(Data entries)
+ + + +
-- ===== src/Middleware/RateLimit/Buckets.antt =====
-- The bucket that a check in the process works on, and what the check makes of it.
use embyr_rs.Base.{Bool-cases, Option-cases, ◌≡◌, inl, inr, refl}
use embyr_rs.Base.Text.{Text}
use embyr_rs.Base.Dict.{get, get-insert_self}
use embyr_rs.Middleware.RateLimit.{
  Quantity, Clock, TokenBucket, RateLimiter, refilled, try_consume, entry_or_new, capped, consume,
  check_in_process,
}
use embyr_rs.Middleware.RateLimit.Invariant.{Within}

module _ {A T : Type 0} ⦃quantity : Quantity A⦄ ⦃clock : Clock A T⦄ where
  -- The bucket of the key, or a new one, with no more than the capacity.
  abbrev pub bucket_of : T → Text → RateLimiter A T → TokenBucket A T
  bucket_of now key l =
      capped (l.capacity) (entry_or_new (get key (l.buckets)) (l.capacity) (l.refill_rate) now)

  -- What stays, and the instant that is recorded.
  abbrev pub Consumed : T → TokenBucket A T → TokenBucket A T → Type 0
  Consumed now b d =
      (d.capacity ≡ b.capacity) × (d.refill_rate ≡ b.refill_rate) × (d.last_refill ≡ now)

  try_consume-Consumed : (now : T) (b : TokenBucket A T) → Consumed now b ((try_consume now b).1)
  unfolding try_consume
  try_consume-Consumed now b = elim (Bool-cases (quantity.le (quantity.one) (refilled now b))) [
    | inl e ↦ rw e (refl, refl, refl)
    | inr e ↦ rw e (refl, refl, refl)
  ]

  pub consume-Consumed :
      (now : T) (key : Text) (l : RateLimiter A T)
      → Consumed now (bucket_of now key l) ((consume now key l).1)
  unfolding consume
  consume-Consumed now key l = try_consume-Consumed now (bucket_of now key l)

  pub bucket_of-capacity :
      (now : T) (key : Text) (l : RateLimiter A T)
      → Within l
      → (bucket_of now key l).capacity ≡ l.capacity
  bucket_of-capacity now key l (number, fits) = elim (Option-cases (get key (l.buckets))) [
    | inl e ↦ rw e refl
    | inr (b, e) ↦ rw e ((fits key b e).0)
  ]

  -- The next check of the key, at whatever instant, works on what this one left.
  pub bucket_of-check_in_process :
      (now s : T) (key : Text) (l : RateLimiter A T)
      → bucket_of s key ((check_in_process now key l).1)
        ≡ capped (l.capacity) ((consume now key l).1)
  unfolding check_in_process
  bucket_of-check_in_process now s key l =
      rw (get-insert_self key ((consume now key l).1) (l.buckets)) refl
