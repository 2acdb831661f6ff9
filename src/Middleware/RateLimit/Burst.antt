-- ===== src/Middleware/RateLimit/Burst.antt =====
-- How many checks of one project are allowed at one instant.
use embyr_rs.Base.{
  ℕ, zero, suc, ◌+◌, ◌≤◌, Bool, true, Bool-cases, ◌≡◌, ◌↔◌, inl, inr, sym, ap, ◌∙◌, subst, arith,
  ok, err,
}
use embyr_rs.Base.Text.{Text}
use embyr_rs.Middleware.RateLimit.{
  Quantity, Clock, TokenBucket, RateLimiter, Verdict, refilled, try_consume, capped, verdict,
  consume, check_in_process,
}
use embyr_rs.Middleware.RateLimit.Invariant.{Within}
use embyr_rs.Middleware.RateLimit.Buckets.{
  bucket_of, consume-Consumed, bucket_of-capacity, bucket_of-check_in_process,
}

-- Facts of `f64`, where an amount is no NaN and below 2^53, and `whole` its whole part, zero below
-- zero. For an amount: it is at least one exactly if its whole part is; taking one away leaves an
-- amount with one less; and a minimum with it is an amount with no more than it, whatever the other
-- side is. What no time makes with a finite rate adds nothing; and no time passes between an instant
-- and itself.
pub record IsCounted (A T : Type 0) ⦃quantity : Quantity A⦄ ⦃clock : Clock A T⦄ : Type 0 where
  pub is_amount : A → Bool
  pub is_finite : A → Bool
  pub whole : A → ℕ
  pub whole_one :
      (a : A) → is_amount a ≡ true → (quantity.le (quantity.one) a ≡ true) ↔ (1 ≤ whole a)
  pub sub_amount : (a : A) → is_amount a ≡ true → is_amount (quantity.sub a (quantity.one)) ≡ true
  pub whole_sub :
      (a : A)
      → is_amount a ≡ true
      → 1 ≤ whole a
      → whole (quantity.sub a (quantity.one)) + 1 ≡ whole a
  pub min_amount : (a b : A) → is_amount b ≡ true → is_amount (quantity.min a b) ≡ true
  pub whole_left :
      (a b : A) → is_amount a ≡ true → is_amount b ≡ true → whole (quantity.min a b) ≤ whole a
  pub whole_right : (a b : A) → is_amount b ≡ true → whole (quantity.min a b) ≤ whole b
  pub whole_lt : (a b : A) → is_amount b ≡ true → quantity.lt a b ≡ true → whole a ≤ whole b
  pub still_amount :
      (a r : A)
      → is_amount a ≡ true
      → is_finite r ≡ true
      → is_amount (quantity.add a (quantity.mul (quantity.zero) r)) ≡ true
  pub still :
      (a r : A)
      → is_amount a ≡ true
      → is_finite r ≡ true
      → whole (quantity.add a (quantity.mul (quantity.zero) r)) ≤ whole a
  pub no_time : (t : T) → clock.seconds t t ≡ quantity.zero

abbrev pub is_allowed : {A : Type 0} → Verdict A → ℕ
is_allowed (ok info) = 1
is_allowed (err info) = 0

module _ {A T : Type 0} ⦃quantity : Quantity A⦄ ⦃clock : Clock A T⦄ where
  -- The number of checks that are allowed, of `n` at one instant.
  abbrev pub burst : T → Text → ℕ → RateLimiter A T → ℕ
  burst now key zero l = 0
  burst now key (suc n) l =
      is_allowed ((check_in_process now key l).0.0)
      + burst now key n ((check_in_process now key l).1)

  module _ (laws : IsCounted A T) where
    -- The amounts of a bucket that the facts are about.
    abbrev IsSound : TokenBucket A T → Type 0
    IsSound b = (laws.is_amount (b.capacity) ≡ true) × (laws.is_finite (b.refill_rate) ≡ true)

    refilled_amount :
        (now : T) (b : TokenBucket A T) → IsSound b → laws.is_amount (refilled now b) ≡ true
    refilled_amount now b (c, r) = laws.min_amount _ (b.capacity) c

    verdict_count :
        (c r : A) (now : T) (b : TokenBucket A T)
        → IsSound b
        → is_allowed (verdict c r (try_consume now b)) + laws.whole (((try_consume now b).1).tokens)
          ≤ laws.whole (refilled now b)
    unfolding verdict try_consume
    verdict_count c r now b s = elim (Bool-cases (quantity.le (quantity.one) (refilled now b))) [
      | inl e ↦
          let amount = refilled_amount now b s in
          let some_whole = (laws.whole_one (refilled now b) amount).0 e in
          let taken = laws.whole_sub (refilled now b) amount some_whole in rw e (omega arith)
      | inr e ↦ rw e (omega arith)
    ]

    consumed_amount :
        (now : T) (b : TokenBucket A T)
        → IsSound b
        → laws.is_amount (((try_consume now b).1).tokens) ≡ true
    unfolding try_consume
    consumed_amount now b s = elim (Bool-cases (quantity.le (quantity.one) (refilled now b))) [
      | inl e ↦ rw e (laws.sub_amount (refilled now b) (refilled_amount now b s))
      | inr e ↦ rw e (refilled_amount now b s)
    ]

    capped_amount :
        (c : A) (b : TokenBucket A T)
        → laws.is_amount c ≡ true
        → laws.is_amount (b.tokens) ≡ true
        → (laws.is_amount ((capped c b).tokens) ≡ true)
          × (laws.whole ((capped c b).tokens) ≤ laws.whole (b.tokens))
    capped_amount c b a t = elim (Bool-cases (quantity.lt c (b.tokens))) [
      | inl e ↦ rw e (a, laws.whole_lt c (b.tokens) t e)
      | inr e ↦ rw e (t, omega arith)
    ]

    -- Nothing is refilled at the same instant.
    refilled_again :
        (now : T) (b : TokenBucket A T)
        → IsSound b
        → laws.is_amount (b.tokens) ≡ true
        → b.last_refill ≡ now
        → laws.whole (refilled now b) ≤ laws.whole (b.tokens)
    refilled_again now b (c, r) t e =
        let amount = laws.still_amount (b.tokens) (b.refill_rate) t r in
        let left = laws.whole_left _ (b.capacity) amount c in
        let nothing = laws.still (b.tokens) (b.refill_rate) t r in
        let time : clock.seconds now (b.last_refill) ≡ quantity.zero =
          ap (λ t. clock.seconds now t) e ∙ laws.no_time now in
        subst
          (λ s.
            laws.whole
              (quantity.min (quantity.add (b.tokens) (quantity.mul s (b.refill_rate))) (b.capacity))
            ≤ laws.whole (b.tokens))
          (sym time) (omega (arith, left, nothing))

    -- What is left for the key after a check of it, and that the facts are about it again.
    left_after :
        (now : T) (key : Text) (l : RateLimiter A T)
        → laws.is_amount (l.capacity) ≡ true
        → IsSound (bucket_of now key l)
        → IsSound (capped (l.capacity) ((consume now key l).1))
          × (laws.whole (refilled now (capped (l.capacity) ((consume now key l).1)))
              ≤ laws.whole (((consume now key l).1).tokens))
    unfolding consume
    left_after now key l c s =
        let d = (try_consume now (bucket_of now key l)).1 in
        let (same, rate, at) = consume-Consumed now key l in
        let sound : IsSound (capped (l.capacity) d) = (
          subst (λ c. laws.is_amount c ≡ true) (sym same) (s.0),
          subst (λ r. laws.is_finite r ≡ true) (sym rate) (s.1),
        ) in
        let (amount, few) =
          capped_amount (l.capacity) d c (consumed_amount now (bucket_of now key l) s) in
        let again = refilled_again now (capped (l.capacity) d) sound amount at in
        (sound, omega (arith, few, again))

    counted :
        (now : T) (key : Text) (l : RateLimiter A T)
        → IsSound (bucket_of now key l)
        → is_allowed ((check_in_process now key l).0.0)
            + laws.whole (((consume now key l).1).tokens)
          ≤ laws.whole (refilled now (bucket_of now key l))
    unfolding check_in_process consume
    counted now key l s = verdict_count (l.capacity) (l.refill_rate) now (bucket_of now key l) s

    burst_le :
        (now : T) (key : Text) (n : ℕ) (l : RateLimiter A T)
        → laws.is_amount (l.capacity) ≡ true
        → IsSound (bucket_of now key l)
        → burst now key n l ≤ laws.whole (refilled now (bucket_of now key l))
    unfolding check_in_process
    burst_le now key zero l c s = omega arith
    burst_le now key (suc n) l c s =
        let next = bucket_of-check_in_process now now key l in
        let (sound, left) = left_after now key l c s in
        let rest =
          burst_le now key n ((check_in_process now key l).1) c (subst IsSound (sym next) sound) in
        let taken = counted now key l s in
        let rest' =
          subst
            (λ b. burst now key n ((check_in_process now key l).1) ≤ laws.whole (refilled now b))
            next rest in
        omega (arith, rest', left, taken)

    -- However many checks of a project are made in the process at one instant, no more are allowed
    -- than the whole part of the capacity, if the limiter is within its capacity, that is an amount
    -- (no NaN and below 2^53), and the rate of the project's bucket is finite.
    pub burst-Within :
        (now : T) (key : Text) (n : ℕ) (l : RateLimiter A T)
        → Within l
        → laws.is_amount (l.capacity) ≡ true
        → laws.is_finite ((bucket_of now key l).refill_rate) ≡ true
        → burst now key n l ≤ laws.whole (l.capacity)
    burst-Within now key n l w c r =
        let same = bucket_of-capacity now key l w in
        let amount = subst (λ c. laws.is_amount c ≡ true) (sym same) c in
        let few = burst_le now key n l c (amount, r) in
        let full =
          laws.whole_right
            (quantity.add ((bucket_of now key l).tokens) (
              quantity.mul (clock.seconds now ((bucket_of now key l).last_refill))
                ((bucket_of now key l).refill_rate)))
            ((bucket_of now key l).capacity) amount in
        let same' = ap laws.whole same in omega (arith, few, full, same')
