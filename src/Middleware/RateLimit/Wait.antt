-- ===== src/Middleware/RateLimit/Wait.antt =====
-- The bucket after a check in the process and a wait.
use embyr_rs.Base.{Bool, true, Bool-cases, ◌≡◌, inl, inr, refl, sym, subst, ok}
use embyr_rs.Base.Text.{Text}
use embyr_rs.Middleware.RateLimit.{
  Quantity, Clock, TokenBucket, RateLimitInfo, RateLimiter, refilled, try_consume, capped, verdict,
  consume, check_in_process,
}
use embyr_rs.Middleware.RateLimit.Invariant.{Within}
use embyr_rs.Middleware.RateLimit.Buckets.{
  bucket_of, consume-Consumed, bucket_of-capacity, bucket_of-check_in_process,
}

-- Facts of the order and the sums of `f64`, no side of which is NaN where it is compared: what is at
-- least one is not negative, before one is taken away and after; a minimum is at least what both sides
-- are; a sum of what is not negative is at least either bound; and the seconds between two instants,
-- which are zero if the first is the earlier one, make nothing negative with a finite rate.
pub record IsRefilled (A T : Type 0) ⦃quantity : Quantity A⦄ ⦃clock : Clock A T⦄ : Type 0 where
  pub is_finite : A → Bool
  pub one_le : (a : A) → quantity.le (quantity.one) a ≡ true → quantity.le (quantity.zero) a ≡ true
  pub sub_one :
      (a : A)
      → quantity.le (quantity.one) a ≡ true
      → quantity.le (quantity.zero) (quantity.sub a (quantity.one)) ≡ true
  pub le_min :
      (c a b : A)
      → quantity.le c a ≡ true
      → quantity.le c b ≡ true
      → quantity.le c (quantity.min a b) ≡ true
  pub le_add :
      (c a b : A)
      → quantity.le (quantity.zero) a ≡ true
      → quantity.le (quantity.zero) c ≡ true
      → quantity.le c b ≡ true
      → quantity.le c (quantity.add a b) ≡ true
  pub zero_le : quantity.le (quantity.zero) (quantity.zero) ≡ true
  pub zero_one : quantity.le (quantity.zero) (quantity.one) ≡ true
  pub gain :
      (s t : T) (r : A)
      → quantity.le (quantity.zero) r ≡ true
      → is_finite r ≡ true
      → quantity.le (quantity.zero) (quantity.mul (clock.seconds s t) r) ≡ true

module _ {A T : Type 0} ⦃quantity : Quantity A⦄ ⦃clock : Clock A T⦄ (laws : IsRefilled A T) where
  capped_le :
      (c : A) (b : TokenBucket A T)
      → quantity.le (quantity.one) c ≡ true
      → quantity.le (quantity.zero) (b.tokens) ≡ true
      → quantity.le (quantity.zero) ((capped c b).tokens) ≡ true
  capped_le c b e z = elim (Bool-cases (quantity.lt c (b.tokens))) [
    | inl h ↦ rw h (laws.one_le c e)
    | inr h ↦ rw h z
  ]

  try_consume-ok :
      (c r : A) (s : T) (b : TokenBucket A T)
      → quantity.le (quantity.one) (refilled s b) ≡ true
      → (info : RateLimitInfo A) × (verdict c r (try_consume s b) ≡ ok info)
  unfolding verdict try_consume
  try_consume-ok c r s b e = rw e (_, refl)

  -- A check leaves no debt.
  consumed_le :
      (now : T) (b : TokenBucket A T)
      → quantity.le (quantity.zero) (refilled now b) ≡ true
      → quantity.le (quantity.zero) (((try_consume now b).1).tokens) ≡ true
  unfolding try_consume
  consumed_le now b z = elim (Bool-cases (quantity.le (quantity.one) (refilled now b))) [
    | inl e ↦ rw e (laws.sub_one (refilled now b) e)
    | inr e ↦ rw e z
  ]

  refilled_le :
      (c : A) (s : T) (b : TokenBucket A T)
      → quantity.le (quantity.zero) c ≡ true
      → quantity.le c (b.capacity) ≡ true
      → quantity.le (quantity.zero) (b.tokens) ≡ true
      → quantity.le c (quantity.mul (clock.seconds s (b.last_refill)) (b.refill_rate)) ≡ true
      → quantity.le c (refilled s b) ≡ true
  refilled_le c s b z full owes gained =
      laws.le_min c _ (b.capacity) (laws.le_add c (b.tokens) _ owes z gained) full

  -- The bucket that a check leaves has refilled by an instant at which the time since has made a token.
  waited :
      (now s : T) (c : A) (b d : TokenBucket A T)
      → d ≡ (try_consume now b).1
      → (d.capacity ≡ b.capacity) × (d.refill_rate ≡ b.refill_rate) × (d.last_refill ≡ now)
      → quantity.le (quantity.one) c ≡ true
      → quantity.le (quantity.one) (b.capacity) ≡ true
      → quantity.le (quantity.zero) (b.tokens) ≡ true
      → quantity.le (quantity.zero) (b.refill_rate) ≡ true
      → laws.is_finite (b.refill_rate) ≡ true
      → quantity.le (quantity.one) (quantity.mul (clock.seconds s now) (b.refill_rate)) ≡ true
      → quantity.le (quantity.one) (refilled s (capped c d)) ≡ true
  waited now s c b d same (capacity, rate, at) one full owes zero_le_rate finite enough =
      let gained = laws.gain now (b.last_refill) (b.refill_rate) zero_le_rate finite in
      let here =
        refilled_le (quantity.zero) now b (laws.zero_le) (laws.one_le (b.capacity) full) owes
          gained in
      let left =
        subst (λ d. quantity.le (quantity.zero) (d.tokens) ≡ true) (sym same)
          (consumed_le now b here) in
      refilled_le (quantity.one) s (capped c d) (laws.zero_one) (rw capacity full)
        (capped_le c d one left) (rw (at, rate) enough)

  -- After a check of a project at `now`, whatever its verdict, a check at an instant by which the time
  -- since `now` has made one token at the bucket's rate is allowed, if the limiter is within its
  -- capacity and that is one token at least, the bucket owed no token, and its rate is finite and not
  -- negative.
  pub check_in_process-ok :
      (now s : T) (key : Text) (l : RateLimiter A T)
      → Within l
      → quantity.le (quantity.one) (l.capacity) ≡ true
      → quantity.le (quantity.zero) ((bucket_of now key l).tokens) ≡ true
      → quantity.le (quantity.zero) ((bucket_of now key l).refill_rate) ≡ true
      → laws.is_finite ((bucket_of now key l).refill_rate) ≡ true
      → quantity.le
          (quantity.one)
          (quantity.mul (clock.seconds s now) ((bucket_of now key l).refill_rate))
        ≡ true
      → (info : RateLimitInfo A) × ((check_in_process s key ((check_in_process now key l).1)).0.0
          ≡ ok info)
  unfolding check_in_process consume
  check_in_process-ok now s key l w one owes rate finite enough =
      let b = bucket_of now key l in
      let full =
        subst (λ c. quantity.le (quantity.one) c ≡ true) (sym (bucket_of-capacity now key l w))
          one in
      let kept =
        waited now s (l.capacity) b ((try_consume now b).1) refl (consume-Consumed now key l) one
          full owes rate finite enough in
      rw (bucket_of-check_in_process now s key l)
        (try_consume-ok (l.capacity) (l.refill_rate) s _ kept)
+ + + +
Copy the records above exactly, beginning at the line that contains "r)) ≤ whole a" and stopping after the line that contains "module _ (laws : IsCounted A T) where".

> [ANSWER TO THE PROBLEM]:
      → whole (quantity.add a (quantity.mul (quantity.zero) r)) ≤ whole a
  pub no_time : (t : T) → clock.seconds t t ≡ quantity.zero

abbrev pub is_allowed : {A : Type 0} → Verdict A → ℕ
is_allowed (ok info) = 1
is_allowed (err info) = 0

module _ {A T : Type 0} ⦃quantity : Quantity A⦄ ⦃clock : Clock A T⦄ where
  -- The number of checks that are allowed, of `n` at one instant.
  abbrev pub burst : T → Text → ℕ → RateLimiter A T → ℕ
  burst now key zero l = 0
  burst now key (suc n) l =
      is_allowed ((check_in_process now key l).0.0)
      + burst now key n ((check_in_process now key l).1)

  module _ (laws : IsCounted A T) where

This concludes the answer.